= Action item =
What is needed here is an exact repetition of the records below, beginning at the line that has "chunk) ++ rest" and stopping after the line that has "Delivers events bytes".
- - -
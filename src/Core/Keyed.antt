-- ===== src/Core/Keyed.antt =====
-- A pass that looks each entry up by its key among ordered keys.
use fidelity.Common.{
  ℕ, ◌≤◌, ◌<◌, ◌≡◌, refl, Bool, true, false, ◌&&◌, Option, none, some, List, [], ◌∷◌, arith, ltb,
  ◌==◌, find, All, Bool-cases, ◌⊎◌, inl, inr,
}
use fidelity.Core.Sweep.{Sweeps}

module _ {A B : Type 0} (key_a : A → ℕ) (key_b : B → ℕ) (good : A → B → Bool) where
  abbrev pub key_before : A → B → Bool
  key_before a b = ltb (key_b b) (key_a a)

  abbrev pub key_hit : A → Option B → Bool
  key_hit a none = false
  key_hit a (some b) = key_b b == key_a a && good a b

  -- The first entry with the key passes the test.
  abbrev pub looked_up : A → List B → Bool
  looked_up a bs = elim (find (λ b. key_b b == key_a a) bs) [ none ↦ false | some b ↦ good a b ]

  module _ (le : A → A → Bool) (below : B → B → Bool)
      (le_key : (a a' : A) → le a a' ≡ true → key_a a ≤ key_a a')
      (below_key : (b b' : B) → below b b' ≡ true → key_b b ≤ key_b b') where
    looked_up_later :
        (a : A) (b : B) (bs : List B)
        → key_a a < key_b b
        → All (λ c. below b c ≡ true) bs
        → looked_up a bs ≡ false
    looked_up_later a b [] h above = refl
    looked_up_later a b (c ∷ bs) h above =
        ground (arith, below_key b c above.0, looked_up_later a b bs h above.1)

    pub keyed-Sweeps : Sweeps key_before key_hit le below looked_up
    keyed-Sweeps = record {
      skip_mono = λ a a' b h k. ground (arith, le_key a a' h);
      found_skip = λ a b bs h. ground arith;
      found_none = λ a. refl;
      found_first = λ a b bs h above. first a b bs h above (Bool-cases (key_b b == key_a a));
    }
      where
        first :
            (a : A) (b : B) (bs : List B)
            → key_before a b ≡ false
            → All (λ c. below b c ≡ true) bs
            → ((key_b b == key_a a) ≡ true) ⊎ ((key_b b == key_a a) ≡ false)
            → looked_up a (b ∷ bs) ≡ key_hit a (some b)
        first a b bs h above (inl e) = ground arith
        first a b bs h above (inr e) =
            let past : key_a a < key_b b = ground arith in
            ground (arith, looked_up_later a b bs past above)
- - -
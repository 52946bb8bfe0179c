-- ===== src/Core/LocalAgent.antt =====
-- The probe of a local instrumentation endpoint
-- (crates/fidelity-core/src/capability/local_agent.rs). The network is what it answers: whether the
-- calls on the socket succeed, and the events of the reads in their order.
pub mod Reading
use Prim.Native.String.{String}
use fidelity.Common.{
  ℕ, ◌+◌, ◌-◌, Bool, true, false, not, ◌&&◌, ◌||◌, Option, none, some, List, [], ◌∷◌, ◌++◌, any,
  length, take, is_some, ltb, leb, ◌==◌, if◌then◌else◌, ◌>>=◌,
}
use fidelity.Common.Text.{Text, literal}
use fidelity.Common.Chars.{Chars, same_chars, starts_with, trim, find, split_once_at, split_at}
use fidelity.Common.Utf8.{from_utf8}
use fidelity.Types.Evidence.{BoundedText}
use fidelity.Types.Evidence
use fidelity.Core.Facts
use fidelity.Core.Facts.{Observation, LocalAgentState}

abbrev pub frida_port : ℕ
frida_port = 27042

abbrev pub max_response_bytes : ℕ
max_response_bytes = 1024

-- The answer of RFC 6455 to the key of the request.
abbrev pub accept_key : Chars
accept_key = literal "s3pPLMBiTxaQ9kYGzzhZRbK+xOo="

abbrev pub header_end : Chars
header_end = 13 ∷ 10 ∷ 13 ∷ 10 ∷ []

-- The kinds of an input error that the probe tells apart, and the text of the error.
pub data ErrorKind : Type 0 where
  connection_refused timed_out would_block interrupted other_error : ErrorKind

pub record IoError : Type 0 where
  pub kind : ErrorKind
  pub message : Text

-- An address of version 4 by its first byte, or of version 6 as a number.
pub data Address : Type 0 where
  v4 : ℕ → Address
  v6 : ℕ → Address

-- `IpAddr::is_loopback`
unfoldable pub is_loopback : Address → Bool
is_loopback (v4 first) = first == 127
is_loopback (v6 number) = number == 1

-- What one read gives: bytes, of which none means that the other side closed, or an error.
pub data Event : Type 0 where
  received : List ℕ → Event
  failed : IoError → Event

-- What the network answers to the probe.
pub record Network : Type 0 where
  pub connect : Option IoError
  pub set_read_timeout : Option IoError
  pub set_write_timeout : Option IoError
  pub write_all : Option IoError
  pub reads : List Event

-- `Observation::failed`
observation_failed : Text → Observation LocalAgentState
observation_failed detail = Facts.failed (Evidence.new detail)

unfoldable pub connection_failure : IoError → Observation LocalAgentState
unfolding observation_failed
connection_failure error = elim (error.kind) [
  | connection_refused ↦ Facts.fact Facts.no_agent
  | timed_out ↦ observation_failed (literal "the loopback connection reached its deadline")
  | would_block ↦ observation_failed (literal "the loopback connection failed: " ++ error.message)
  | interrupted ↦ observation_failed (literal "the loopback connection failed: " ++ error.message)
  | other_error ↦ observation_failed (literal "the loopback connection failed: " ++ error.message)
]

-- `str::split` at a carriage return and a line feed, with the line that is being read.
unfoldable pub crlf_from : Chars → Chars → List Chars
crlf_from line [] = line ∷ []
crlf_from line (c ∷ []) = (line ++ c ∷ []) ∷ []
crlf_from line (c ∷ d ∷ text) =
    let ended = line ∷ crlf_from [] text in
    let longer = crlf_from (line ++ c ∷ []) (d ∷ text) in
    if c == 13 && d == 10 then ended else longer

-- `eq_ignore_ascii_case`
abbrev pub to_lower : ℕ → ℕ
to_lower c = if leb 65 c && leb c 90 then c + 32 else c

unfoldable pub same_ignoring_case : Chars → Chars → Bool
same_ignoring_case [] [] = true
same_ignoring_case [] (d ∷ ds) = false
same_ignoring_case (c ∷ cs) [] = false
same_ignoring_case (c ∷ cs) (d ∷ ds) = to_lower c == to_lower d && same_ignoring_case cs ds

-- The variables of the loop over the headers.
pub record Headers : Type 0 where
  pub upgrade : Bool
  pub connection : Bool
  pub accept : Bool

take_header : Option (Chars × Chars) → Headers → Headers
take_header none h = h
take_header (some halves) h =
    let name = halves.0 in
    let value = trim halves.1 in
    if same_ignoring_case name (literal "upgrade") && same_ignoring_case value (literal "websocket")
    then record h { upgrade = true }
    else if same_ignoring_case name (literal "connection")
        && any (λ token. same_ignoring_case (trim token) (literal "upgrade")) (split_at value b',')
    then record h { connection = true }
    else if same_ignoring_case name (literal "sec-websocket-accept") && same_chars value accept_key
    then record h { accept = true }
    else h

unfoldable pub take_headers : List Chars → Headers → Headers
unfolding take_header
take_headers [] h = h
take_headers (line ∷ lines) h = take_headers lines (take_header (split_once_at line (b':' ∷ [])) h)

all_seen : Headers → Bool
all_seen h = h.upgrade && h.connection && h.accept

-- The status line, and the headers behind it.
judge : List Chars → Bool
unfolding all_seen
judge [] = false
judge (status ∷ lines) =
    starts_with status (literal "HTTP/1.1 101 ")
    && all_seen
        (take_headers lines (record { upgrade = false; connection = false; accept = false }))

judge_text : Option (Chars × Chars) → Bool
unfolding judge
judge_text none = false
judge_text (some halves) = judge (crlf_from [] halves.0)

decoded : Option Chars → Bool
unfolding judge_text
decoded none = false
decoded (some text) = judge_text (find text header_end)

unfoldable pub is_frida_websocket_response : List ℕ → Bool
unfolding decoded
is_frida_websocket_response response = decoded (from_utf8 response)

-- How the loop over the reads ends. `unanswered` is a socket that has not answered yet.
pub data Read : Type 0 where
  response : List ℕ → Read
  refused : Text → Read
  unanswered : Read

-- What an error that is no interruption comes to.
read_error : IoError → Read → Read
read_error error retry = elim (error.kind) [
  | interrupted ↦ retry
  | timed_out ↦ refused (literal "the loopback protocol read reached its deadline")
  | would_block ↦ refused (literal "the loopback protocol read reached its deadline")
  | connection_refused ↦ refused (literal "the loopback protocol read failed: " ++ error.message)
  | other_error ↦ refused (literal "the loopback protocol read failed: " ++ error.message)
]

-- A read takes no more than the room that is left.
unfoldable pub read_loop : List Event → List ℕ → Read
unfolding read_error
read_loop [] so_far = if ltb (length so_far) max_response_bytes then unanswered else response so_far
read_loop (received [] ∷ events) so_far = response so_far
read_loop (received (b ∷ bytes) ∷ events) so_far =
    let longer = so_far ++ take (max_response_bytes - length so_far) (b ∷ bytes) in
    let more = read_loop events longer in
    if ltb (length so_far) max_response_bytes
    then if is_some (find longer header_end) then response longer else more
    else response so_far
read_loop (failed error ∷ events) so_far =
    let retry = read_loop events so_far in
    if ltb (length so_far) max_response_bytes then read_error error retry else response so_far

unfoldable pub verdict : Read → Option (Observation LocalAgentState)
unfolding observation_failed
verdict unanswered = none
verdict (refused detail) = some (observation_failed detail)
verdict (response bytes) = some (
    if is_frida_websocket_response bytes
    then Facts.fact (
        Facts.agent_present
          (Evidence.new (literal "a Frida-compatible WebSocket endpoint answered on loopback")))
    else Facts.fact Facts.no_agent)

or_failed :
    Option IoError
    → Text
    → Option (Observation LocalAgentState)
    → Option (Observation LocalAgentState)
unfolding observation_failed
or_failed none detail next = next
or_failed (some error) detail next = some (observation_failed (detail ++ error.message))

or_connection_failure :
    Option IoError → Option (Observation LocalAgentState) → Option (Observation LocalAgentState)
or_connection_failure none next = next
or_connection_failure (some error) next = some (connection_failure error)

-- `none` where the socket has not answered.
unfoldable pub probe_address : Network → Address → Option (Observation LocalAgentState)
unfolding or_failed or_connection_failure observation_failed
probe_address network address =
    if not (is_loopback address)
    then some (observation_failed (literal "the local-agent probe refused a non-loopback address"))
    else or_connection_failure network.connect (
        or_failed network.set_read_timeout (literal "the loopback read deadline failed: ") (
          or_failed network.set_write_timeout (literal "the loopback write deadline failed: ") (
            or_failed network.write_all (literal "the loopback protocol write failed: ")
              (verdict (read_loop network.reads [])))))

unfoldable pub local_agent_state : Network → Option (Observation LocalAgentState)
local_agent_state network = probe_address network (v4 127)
- - -
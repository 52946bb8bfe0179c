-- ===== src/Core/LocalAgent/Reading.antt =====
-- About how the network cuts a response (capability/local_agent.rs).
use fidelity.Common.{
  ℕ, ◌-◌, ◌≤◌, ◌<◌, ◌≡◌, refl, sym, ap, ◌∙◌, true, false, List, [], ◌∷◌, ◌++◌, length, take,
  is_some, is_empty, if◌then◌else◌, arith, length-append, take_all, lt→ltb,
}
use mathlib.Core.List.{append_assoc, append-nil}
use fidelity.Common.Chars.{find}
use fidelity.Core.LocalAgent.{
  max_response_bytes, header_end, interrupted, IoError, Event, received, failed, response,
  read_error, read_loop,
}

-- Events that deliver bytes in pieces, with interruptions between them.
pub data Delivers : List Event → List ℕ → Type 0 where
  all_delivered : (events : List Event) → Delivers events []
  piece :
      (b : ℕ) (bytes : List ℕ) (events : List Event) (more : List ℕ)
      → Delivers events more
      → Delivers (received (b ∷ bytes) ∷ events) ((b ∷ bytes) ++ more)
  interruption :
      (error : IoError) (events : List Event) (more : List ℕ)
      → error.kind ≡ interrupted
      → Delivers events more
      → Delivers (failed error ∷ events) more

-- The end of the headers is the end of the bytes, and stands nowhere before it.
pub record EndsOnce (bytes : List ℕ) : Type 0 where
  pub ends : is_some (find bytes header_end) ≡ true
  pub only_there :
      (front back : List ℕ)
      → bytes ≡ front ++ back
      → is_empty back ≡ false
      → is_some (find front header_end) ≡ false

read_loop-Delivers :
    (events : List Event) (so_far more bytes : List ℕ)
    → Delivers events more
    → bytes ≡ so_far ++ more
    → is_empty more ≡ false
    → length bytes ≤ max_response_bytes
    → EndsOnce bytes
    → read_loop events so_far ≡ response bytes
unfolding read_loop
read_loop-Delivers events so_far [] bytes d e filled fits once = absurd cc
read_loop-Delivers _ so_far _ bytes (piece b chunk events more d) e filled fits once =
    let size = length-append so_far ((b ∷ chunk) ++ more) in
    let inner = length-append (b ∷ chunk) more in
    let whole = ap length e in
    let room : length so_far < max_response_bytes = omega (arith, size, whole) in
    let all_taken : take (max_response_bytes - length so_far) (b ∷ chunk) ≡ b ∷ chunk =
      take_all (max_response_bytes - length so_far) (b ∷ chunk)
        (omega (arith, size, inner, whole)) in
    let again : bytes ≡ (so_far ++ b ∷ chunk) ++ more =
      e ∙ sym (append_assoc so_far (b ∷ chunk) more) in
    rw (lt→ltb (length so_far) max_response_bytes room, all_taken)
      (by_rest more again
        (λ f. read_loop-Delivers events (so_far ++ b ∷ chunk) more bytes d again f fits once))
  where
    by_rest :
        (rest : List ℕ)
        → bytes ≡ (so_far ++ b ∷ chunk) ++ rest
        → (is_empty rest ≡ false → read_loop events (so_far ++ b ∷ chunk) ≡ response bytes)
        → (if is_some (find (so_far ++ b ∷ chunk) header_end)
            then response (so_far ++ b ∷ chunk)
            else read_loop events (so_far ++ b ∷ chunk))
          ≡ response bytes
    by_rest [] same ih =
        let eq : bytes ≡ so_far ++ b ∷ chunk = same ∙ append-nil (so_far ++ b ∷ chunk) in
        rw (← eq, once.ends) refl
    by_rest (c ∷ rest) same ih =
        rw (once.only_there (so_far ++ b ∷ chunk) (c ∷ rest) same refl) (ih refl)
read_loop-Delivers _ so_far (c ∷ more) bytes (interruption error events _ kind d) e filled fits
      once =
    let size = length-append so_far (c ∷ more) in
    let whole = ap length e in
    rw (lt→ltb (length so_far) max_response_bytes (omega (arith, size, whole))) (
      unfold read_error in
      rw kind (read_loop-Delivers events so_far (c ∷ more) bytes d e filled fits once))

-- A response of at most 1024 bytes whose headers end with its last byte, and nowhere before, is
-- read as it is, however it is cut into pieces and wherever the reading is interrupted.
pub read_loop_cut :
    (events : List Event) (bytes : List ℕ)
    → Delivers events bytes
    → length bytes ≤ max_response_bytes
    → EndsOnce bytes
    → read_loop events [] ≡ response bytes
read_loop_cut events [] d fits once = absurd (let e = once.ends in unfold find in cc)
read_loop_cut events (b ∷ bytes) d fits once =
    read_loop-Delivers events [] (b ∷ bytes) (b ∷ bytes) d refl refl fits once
- - -
= Answer to this exercise =
        → bytes ≡ (so_far ++ b ∷ chunk) ++ rest
        → (is_empty rest ≡ false → read_loop events (so_far ++ b ∷ chunk) ≡ response bytes)
        → (if is_some (find (so_far ++ b ∷ chunk) header_end)
            then response (so_far ++ b ∷ chunk)
            else read_loop events (so_far ++ b ∷ chunk))
          ≡ response bytes
    by_rest [] same ih =
        let eq : bytes ≡ so_far ++ b ∷ chunk = same ∙ append-nil (so_far ++ b ∷ chunk) in
        rw (← eq, once.ends) refl
    by_rest (c ∷ rest) same ih =
        rw (once.only_there (so_far ++ b ∷ chunk) (c ∷ rest) same refl) (ih refl)
read_loop-Delivers _ so_far (c ∷ more) bytes (interruption error events _ kind d) e filled fits
      once =
    let size = length-append so_far (c ∷ more) in
    let whole = ap length e in
    rw (lt→ltb (length so_far) max_response_bytes (omega (arith, size, whole))) (
      unfold read_error in
      rw kind (read_loop-Delivers events so_far (c ∷ more) bytes d e filled fits once))

-- A response of at most 1024 bytes whose headers end with its last byte, and nowhere before, is
-- read as it is, however it is cut into pieces and wherever the reading is interrupted.
pub read_loop_cut :
    (events : List Event) (bytes : List ℕ)
    → Delivers events bytes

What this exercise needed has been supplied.